The task:
In the entries below, return only the line containing "round_of s (p" and those after it, exactly, through the last line.

Records for the task:
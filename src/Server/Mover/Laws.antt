-- ===== src/Server/Mover/Laws.antt =====
-- hvac_data_mover.cpp: what a round of the data mover does to the queue and to the cache.
use hvac_checkpoint.Common.{
  ◌≡◌, refl, sym, ◌∙◌, ◌⊎◌, inl, inr, Bool, true, false, none, some, List, [], ◌∷◌, ◌++◌, arith,
  Bool-cases,
}
use mathlib.Core.Path.{subst}
use hvac_checkpoint.Common.Maps.{insert, lookup, lookup-insert, lookup-insert_self}
use hvac_checkpoint.Common.Text.{Text, text_eq, text_beq, text_beq_iff, codes, c_str}
use hvac_checkpoint.Common.Run.{ok, fault, blocked}
use hvac_checkpoint.Posix.{Posix}
use hvac_checkpoint.Server.{Server}
use hvac_checkpoint.Server.Mover.{filename, move_file, move_list, take_queue, move_round}

-- Whether a path is in a list.
abbrev pub In : Text → List Text → Type 0
In p [] = ⊥
In p (q ∷ ps) = (p ≡ q) ⊎ In p ps

module _ (os : Posix) (nvmepath : Text) where
  move_file-queue :
      (path : Text) (s : Server os.Fs)
      → ((move_file os nvmepath path s).data_queue ≡ s.data_queue)
        × ((move_file os nvmepath path s).fd_to_path ≡ s.fd_to_path)
        × ((move_file os nvmepath path s).local_list ≡ s.local_list)
  unfolding move_file
  move_file-queue path s = ground arith

  -- A copy of the path to a fresh directory that succeeded, or that failed.
  abbrev pub Copied : Bool → Text → Text → Type 0
  Copied done path copy =
      (before : os.Fs) × (copy
        ≡ (os.make_temp_dir (c_str nvmepath) before).0 ++ (codes "/" ++ filename (c_str path)))
      × ((os.copy_file path copy (os.make_temp_dir (c_str nvmepath) before).1).0 ≡ done)

  move_file-Copied :
      (path : Text) (s : Server os.Fs)
      → (copy : Text) × ((Copied true path copy
            × ((move_file os nvmepath path s).path_cache_map ≡ insert path copy s.path_cache_map))
          ⊎ (Copied false path copy
              × ((move_file os nvmepath path s).path_cache_map ≡ s.path_cache_map)))
  unfolding move_file
  move_file-Copied path s =
      let (dirpath, fs) = os.make_temp_dir (c_str nvmepath) s.fs in
      let target = dirpath ++ (codes "/" ++ filename (c_str path)) in
      elim (Bool-cases (os.copy_file path target fs).0) [
        | inl done ↦ (target, inl ((s.fs, refl, done), rw (done, move_file)))
        | inr failed ↦ (target, inr ((s.fs, refl, failed), rw (failed, move_file)))
      ]

  -- A step of the mover takes no path out of the cache.
  move_file-kept :
      (path p copy : Text) (s : Server os.Fs)
      → lookup p s.path_cache_map ≡ some copy
      → (copy' : Text) × (lookup p (move_file os nvmepath path s).path_cache_map ≡ some copy')
  move_file-kept path p copy s e =
      let (target, outcome) = move_file-Copied path s in
      elim outcome [
        | inr (_, same) ↦ (copy, rw same e)
        | inl (_, entry) ↦ elim (Bool-cases (text_beq path p)) [
          | inl hit ↦ (target, rw entry (lookup-insert path p target s.path_cache_map ∙ rw hit))
          | inr miss ↦ (copy, rw entry (lookup-insert path p target s.path_cache_map ∙ rw miss e))
        ]
      ]

  -- What a step of the mover has in the cache it had before, or it is a copy made now.
  move_file-entered :
      (path p copy : Text) (s : Server os.Fs)
      → lookup p (move_file os nvmepath path s).path_cache_map ≡ some copy
      → ((p ≡ path) × Copied true path copy) ⊎ (lookup p s.path_cache_map ≡ some copy)
  move_file-entered path p copy s e =
      let (target, outcome) = move_file-Copied path s in
      elim outcome [
        | inr (_, same) ↦ inr (rw same at e)
        | inl (made, entry) ↦
            let e₁ = sym (lookup-insert path p target s.path_cache_map) ∙ (rw entry at e) in
            elim (Bool-cases (text_beq path p)) [
              | inl hit ↦
                  let same : target ≡ copy = let e₂ = rw hit at e₁ in cc e₂ in
                  inl (sym ((text_beq_iff path p).0 hit), subst (Copied true path) same made)
              | inr miss ↦ inr (rw miss at e₁)
            ]
      ]

  -- A path that a step of the mover does not enter could not be copied.
  move_file-missed :
      (path : Text) (s : Server os.Fs)
      → ((copy : Text) × (lookup path (move_file os nvmepath path s).path_cache_map ≡ some copy))
        ⊎ ((copy : Text) × Copied false path copy)
  move_file-missed path s =
      let (target, outcome) = move_file-Copied path s in
      elim outcome [
        | inl (_, entry) ↦ inl (target, rw entry (lookup-insert_self path target s.path_cache_map))
        | inr (failed, _) ↦ inr (target, failed)
      ]

  -- What the second half of a round keeps and changes: every entry of the cache that is new is a copy
  -- that succeeded, of a path that was queued, and every queued path without an entry has a copy that
  -- failed.
  pub record Moved (l : List Text) (s t : Server os.Fs) : Type 0 where
    pub queue : t.data_queue ≡ s.data_queue
    pub paths : t.fd_to_path ≡ s.fd_to_path
    pub emptied : t.local_list ≡ []
    pub kept :
        (p copy : Text)
        → lookup p s.path_cache_map ≡ some copy
        → (copy' : Text) × (lookup p t.path_cache_map ≡ some copy')
    pub entered :
        (p copy : Text)
        → lookup p t.path_cache_map ≡ some copy
        → (In p l × Copied true p copy) ⊎ (lookup p s.path_cache_map ≡ some copy)
    pub missed :
        (p : Text) → In p l → lookup p t.path_cache_map ≡ none → (copy : Text) × Copied false p copy

  move_list-Moved :
      (l : List Text) (s : Server os.Fs) → s.local_list ≡ l → Moved l s (move_list os nvmepath l s)
  unfolding move_list
  move_list-Moved [] s taken = record {
    queue = refl;
    paths = refl;
    emptied = taken;
    kept = λ p copy h. (copy, h);
    entered = λ p copy h. inr h;
    missed = λ p among h. absurd among;
  }
  move_list-Moved (path ∷ l) s taken =
      let s₁ : Server os.Fs = record s { local_list = l } in
      let s₂ = move_file os nvmepath path s₁ in
      let (queue, paths, left) = move_file-queue path s₁ in
      let ih = move_list-Moved l s₂ left in
      record {
        queue = ih.queue ∙ queue;
        paths = ih.paths ∙ paths;
        emptied = ih.emptied;
        kept = λ p copy h. let (copy₁, h₁) = move_file-kept path p copy s₁ h in ih.kept p copy₁ h₁;
        entered = λ p copy h. elim (ih.entered p copy h) [
          | inl (later, made) ↦ inl (inr later, made)
          | inr before ↦ elim (move_file-entered path p copy s₁ before) [
            | inl (here, made) ↦ inl (inl here, subst (λ q. Copied true q copy) (sym here) made)
            | inr old ↦ inr old
          ]
        ];
        missed = λ p among h. elim among [
          | inr later ↦ ih.missed p later h
          | inl here ↦ elim (move_file-missed path s₁) [
            | inr (copy, failed) ↦ (copy, subst (λ q. Copied false q copy) (sym here) failed)
            | inl (copy, entry) ↦
                let (copy', still) = ih.kept path copy entry in
                absurd (let h' = rw here at h in cc (h', still))
          ]
        ];
      }

  take_queue-cons :
      (s : Server os.Fs) (p : Text) (ps : List Text)
      → s.local_list ≡ []
      → s.data_queue ≡ p ∷ ps
      → take_queue os s ≡ ok (record s { data_queue = []; local_list = p ∷ ps })
  unfolding take_queue
  take_queue-cons s p ps idle e = ground arith

  round_of :
      (s : Server os.Fs) (q : List Text)
      → s.local_list ≡ []
      → s.data_queue ≡ q
      → ((q ≡ []) × (move_round os nvmepath s ≡ fault blocked))
        ⊎ ((t : Server os.Fs) × (move_round os nvmepath s ≡ ok t)
            × (t.data_queue ≡ [])
            × Moved q (record s { data_queue = []; local_list = q }) t)
  unfolding move_round
  round_of s [] idle e = inl (refl, unfold take_queue in ground arith)
  round_of s (p ∷ ps) idle e =
      let taken : Server os.Fs = record s { data_queue = []; local_list = p ∷ ps } in
      let moved = move_list-Moved (p ∷ ps) taken refl in
      inr (
        move_list os nvmepath (p ∷ ps) taken,
        rw (take_queue-cons s p ps idle e, move_round),
        moved.queue,
        moved,
      )

  -- From an empty local list, a round of the data mover that finds work returns with both queues
  -- empty. It takes no path out of the cache; every entry that is new stands for a path that was queued
  -- and names a copy of it in a fresh directory that succeeded; and every queued path without an entry
  -- has such a copy that failed. With an empty queue the mover waits.
  pub move_round-Moved :
      (s : Server os.Fs)
      → s.local_list ≡ []
      → ((s.data_queue ≡ []) × (move_round os nvmepath s ≡ fault blocked))
        ⊎ ((t : Server os.Fs) × (move_round os nvmepath s ≡ ok t)
            × (t.data_queue ≡ [])
            × Moved s.data_queue (record s { data_queue = []; local_list = s.data_queue }) t)
  move_round-Moved s idle = round_of s s.data_queue idle refl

Problem solution:
  round_of s (p ∷ ps) idle e =
      let taken : Server os.Fs = record s { data_queue = []; local_list = p ∷ ps } in
      let moved = move_list-Moved (p ∷ ps) taken refl in
      inr (
        move_list os nvmepath (p ∷ ps) taken,
        rw (take_queue-cons s p ps idle e, move_round),
        moved.queue,
        moved,
      )

  -- From an empty local list, a round of the data mover that finds work returns with both queues
  -- empty. It takes no path out of the cache; every entry that is new stands for a path that was queued
  -- and names a copy of it in a fresh directory that succeeded; and every queued path without an entry
  -- has such a copy that failed. With an empty queue the mover waits.
  pub move_round-Moved :
      (s : Server os.Fs)
      → s.local_list ≡ []
      → ((s.data_queue ≡ []) × (move_round os nvmepath s ≡ fault blocked))
        ⊎ ((t : Server os.Fs) × (move_round os nvmepath s ≡ ok t)
            × (t.data_queue ≡ [])
            × Moved s.data_queue (record s { data_queue = []; local_list = s.data_queue }) t)
  move_round-Moved s idle = round_of s s.data_queue idle refl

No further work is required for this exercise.